▸ Problem requirements: Whatever the records below hold, copy it all out exactly.

(Saved entries)
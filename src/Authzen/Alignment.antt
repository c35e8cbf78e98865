-- ===== src/Authzen/Alignment.antt =====
-- authzen_evaluate_batch: no decision is associated with another entry than its own.
use mcp_opa.Base.{
  ℕ, ◌≡◌, ◌∙◌, Option, some, Bytes, ok, arith, length, get_elem?, get_elem?-lt, get_elem?_of_lt,
  All-get_elem?,
}
use mcp_opa.Json.{RawMessage}
use mcp_opa.Config.Load.{Config}
use mcp_opa.Args.Read.{Request}
use mcp_opa.Pdp.Url.{UrlPackage}
use mcp_opa.Pdp.Exchange.{Network, answer}
use mcp_opa.Authzen.Codec.{Codec, BatchDecision, BatchOutput}
use mcp_opa.Authzen.EntryLaws.{IsEvaluable}
use mcp_opa.Authzen.Handlers.{Structured, authzen_evaluate_batch}
use mcp_opa.Authzen.Numbering.{Numbered-length, Numbered-IsAligned, IsAligned}
use mcp_opa.Authzen.BatchLaws.{IsBatchDecided, authzen_evaluate_batch-IsBatchDecided}

module _ (urls : UrlPackage) (codec : Codec) (cfg : Config) (entropy : Option Bytes) (req : Request)
    (net : Network) (out : Structured BatchOutput)
    (answered : answer net (authzen_evaluate_batch urls codec cfg entropy req) ≡ ok out) where
  abbrev decided : IsBatchDecided urls codec cfg entropy req net out
  decided = authzen_evaluate_batch-IsBatchDecided urls codec cfg entropy req net out answered

  decisions-length : length out.value.decisions ≡ length decided.responses
  decisions-length =
      Numbered-length 0 decided.responses out.value.decisions decided.reports.numbered

  -- In a batch that is answered, a reported decision at place `k` has index `k`, is the decision
  -- point's for that place with its context, and the entry sent at that place could be evaluated.
  pub decision-IsAligned :
      (k : ℕ) (d : BatchDecision)
      → get_elem? out.value.decisions k ≡ some d
      → (b : IsBatchDecided urls codec cfg entropy req net out) × IsAligned b.responses k k d
        × (raw : RawMessage) × (get_elem? b.entries k ≡ some raw)
        × IsEvaluable codec b.defaults raw
  decision-IsAligned k d h =
      let a =
        Numbered-IsAligned 0 decided.responses out.value.decisions k d decided.reports.numbered h in
      let (raw, sent) = get_elem?_of_lt decided.entries k (
        omega (
          arith,
          get_elem?-lt out.value.decisions k h,
          decisions-length,
          decided.reports.not_more,
        )) in
      (
        decided,
        record {
          response = a.response;
          there = a.there;
          decides = a.decides;
          context_is = a.context_is;
          index_is = a.index_is ∙ omega arith;
        },
        raw,
        sent,
        All-get_elem? (IsEvaluable codec decided.defaults) decided.entries k
            decided.reads_entries.evaluable sent,
      )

▸ Task result:
filename src/Authzen/Alignment.antt
repository c35e8cbf78e98865
-- ===== src/Authzen/Alignment.antt =====
-- authzen_evaluate_batch: no decision is associated with another entry than its own.
use mcp_opa.Base.{
  ℕ, ◌≡◌, ◌∙◌, Option, some, Bytes, ok, arith, length, get_elem?, get_elem?-lt, get_elem?_of_lt,
  All-get_elem?,
}
use mcp_opa.Json.{RawMessage}
use mcp_opa.Config.Load.{Config}
use mcp_opa.Args.Read.{Request}
use mcp_opa.Pdp.Url.{UrlPackage}
use mcp_opa.Pdp.Exchange.{Network, answer}
use mcp_opa.Authzen.Codec.{Codec, BatchDecision, BatchOutput}
use mcp_opa.Authzen.EntryLaws.{IsEvaluable}
use mcp_opa.Authzen.Handlers.{Structured, authzen_evaluate_batch}
use mcp_opa.Authzen.Numbering.{Numbered-length, Numbered-IsAligned, IsAligned}
use mcp_opa.Authzen.BatchLaws.{IsBatchDecided, authzen_evaluate_batch-IsBatchDecided}

module _ (urls : UrlPackage) (codec : Codec) (cfg : Config) (entropy : Option Bytes) (req : Request)
    (net : Network) (out : Structured BatchOutput)
    (answered : answer net (authzen_evaluate_batch urls codec cfg entropy req) ≡ ok out) where
  abbrev decided : IsBatchDecided urls codec cfg entropy req net out
  decided = authzen_evaluate_batch-IsBatchDecided urls codec cfg entropy req net out answered

  decisions-length : length out.value.decisions ≡ length decided.responses
  decisions-length =
      Numbered-length 0 decided.responses out.value.decisions decided.reports.numbered

  -- In a batch that is answered, a reported decision at place `k` has index `k`, is the decision
  -- point's for that place with its context, and the entry sent at that place could be evaluated.
  pub decision-IsAligned :
      (k : ℕ) (d : BatchDecision)
      → get_elem? out.value.decisions k ≡ some d
      → (b : IsBatchDecided urls codec cfg entropy req net out) × IsAligned b.responses k k d
        × (raw : RawMessage) × (get_elem? b.entries k ≡ some raw)
        × IsEvaluable codec b.defaults raw
  decision-IsAligned k d h =
      let a =
        Numbered-IsAligned 0 decided.responses out.value.decisions k d decided.reports.numbered h in
      let (raw, sent) = get_elem?_of_lt decided.entries k (
        omega (
          arith,
          get_elem?-lt out.value.decisions k h,
          decisions-length,
          decided.reports.not_more,
        )) in
      (
        decided,
        record {
          response = a.response;
          there = a.there;
          decides = a.decides;
          context_is = a.context_is;
          index_is = a.index_is ∙ omega arith;
        },
        raw,
        sent,
        All-get_elem? (IsEvaluable codec decided.defaults) decided.entries k
            decided.reads_entries.evaluable sent,
      )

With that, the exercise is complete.